== Supplied records ==

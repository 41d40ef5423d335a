-- ===== src/Va/Submit.antt =====
-- The functions of ubuntu/src/encoder.c that submit one buffer, or a pair of them, to the picture
-- under way: `submit_packed_header` to `submit_framerate_param`. A result says whether the status is
-- `VA_STATUS_SUCCESS`.
use display_bridge.Prelude.{
  ℕ, ◌+◌, ◌*◌, ◌/◌, Bool, false, Option, none, some, List, [], ◌∷◌, ◌==◌, if◌then◌else◌, length,
  u32,
}
use display_bridge.Calls.{check, Calls, done, tell, ask}
use display_bridge.Encoder.{Encoder}
use display_bridge.Packed.{packed_sequence_headers, packed_slice_header}
use display_bridge.Va.{
  Handle, param_buf, data_buf, rc_buf, hrd_buf, fr_buf, RateControl, HeaderType, packed_sequence,
  packed_slice, Contents, packed_param, packed_data, misc_parameter, rate_control, hrd, frame_rate,
  VaCall, create_buffer, map_buffer, unmap_buffer, destroy_buffer, fill, render_picture,
  stray_store,
}

-- A status that is returned.
abbrev pub status : Bool → Calls VaCall Bool
status ok = done ok

-- `submit_packed_header`
unfoldable pub submit_packed_header : HeaderType → List ℕ → Calls VaCall Bool
unfolding check
submit_packed_header header_type bytes =
    let data_len_bits = u32 (length bytes * 8) in
    check (create_buffer param_buf (packed_param header_type data_len_bits)) (status false) (
      check (create_buffer data_buf (packed_data ((data_len_bits + 7) / 8) bytes))
        (tell (destroy_buffer param_buf) (status false))
        (ask (render_picture (param_buf ∷ data_buf ∷ []))
          λ st. tell (destroy_buffer param_buf) (tell (destroy_buffer data_buf) (status st))))

-- The headers that were assembled, if they fit their arrays.
unfoldable pub submit_assembled : HeaderType → Option (List ℕ) → Calls VaCall Bool
submit_assembled header_type none = tell stray_store (status false)
submit_assembled header_type (some bytes) = submit_packed_header header_type bytes

-- `submit_packed_sequence_headers`
unfoldable pub submit_packed_sequence_headers : Encoder → Calls VaCall Bool
submit_packed_sequence_headers enc = submit_assembled packed_sequence (packed_sequence_headers enc)

-- `submit_packed_slice_header`
unfoldable pub submit_packed_slice_header : Encoder → Bool → Calls VaCall Bool
submit_packed_slice_header enc is_idr =
    submit_assembled packed_slice (packed_slice_header enc is_idr)

-- What the three functions below have in common: a buffer that is created, mapped, filled in,
-- unmapped, rendered and destroyed.
unfoldable pub submit_misc : Handle → Contents → Calls VaCall Bool
unfolding check
submit_misc h contents = check (create_buffer h misc_parameter) (status false) (
    check (map_buffer h) (tell (destroy_buffer h) (status false)) (
      tell (fill h contents) (
        tell (unmap_buffer h)
          (ask (render_picture (h ∷ [])) λ st. tell (destroy_buffer h) (status st)))))

-- What `submit_rate_control` fills in.
unfoldable pub rate_control_of : Encoder → RateControl
rate_control_of enc = record {
  bits_per_second = u32 (enc.bitrate_kbps * 1000);
  target_percentage = 80;
  window_size = 1000;
  initial_qp = 26;
  min_qp = 18;
  basic_unit_size = 0;
  reset = if enc.frame_count == 0 then 1 else 0;
  disable_frame_skip = 1;
  disable_bit_stuffing = 1;
}

-- `submit_rate_control`
unfoldable pub submit_rate_control : Encoder → Calls VaCall Bool
submit_rate_control enc = submit_misc rc_buf (rate_control (rate_control_of enc))

-- `submit_hrd_param`
unfoldable pub submit_hrd_param : Encoder → Calls VaCall Bool
submit_hrd_param enc =
    let buffer_size = u32 (enc.bitrate_kbps * 1000) in
    submit_misc hrd_buf (hrd (buffer_size / 2) buffer_size)

-- `submit_framerate_param`
unfoldable pub submit_framerate_param : Encoder → Calls VaCall Bool
submit_framerate_param enc = submit_misc fr_buf (frame_rate (u32 enc.fps))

===

# [Directions]
Output the entire listing exactly as it appears above.

# [Response to this exercise]
repository 41d40ef5423d335a
-- ===== src/Va/Submit.antt =====
-- The functions of ubuntu/src/encoder.c that submit one buffer, or a pair of them, to the picture
-- under way: `submit_packed_header` to `submit_framerate_param`. A result says whether the status is
-- `VA_STATUS_SUCCESS`.
use display_bridge.Prelude.{
  ℕ, ◌+◌, ◌*◌, ◌/◌, Bool, false, Option, none, some, List, [], ◌∷◌, ◌==◌, if◌then◌else◌, length,
  u32,
}
use display_bridge.Calls.{check, Calls, done, tell, ask}
use display_bridge.Encoder.{Encoder}
use display_bridge.Packed.{packed_sequence_headers, packed_slice_header}
use display_bridge.Va.{
  Handle, param_buf, data_buf, rc_buf, hrd_buf, fr_buf, RateControl, HeaderType, packed_sequence,
  packed_slice, Contents, packed_param, packed_data, misc_parameter, rate_control, hrd, frame_rate,
  VaCall, create_buffer, map_buffer, unmap_buffer, destroy_buffer, fill, render_picture,
  stray_store,
}

-- A status that is returned.
abbrev pub status : Bool → Calls VaCall Bool
status ok = done ok

-- `submit_packed_header`
unfoldable pub submit_packed_header : HeaderType → List ℕ → Calls VaCall Bool
unfolding check
submit_packed_header header_type bytes =
    let data_len_bits = u32 (length bytes * 8) in
    check (create_buffer param_buf (packed_param header_type data_len_bits)) (status false) (
      check (create_buffer data_buf (packed_data ((data_len_bits + 7) / 8) bytes))
        (tell (destroy_buffer param_buf) (status false))
        (ask (render_picture (param_buf ∷ data_buf ∷ []))
          λ st. tell (destroy_buffer param_buf) (tell (destroy_buffer data_buf) (status st))))

-- The headers that were assembled, if they fit their arrays.
unfoldable pub submit_assembled : HeaderType → Option (List ℕ) → Calls VaCall Bool
submit_assembled header_type none = tell stray_store (status false)
submit_assembled header_type (some bytes) = submit_packed_header header_type bytes

-- `submit_packed_sequence_headers`
unfoldable pub submit_packed_sequence_headers : Encoder → Calls VaCall Bool
submit_packed_sequence_headers enc = submit_assembled packed_sequence (packed_sequence_headers enc)

-- `submit_packed_slice_header`
unfoldable pub submit_packed_slice_header : Encoder → Bool → Calls VaCall Bool
submit_packed_slice_header enc is_idr =
    submit_assembled packed_slice (packed_slice_header enc is_idr)

-- What the three functions below have in common: a buffer that is created, mapped, filled in,
-- unmapped, rendered and destroyed.
unfoldable pub submit_misc : Handle → Contents → Calls VaCall Bool
unfolding check
submit_misc h contents = check (create_buffer h misc_parameter) (status false) (
    check (map_buffer h) (tell (destroy_buffer h) (status false)) (
      tell (fill h contents) (
        tell (unmap_buffer h)
          (ask (render_picture (h ∷ [])) λ st. tell (destroy_buffer h) (status st)))))

-- What `submit_rate_control` fills in.
unfoldable pub rate_control_of : Encoder → RateControl
rate_control_of enc = record {
  bits_per_second = u32 (enc.bitrate_kbps * 1000);
  target_percentage = 80;
  window_size = 1000;
  initial_qp = 26;
  min_qp = 18;
  basic_unit_size = 0;
  reset = if enc.frame_count == 0 then 1 else 0;
  disable_frame_skip = 1;
  disable_bit_stuffing = 1;
}

-- `submit_rate_control`
unfoldable pub submit_rate_control : Encoder → Calls VaCall Bool
submit_rate_control enc = submit_misc rc_buf (rate_control (rate_control_of enc))

-- `submit_hrd_param`
unfoldable pub submit_hrd_param : Encoder → Calls VaCall Bool
submit_hrd_param enc =
    let buffer_size = u32 (enc.bitrate_kbps * 1000) in
    submit_misc hrd_buf (hrd (buffer_size / 2) buffer_size)

-- `submit_framerate_param`
unfoldable pub submit_framerate_param : Encoder → Calls VaCall Bool
submit_framerate_param enc = submit_misc fr_buf (frame_rate (u32 enc.fps))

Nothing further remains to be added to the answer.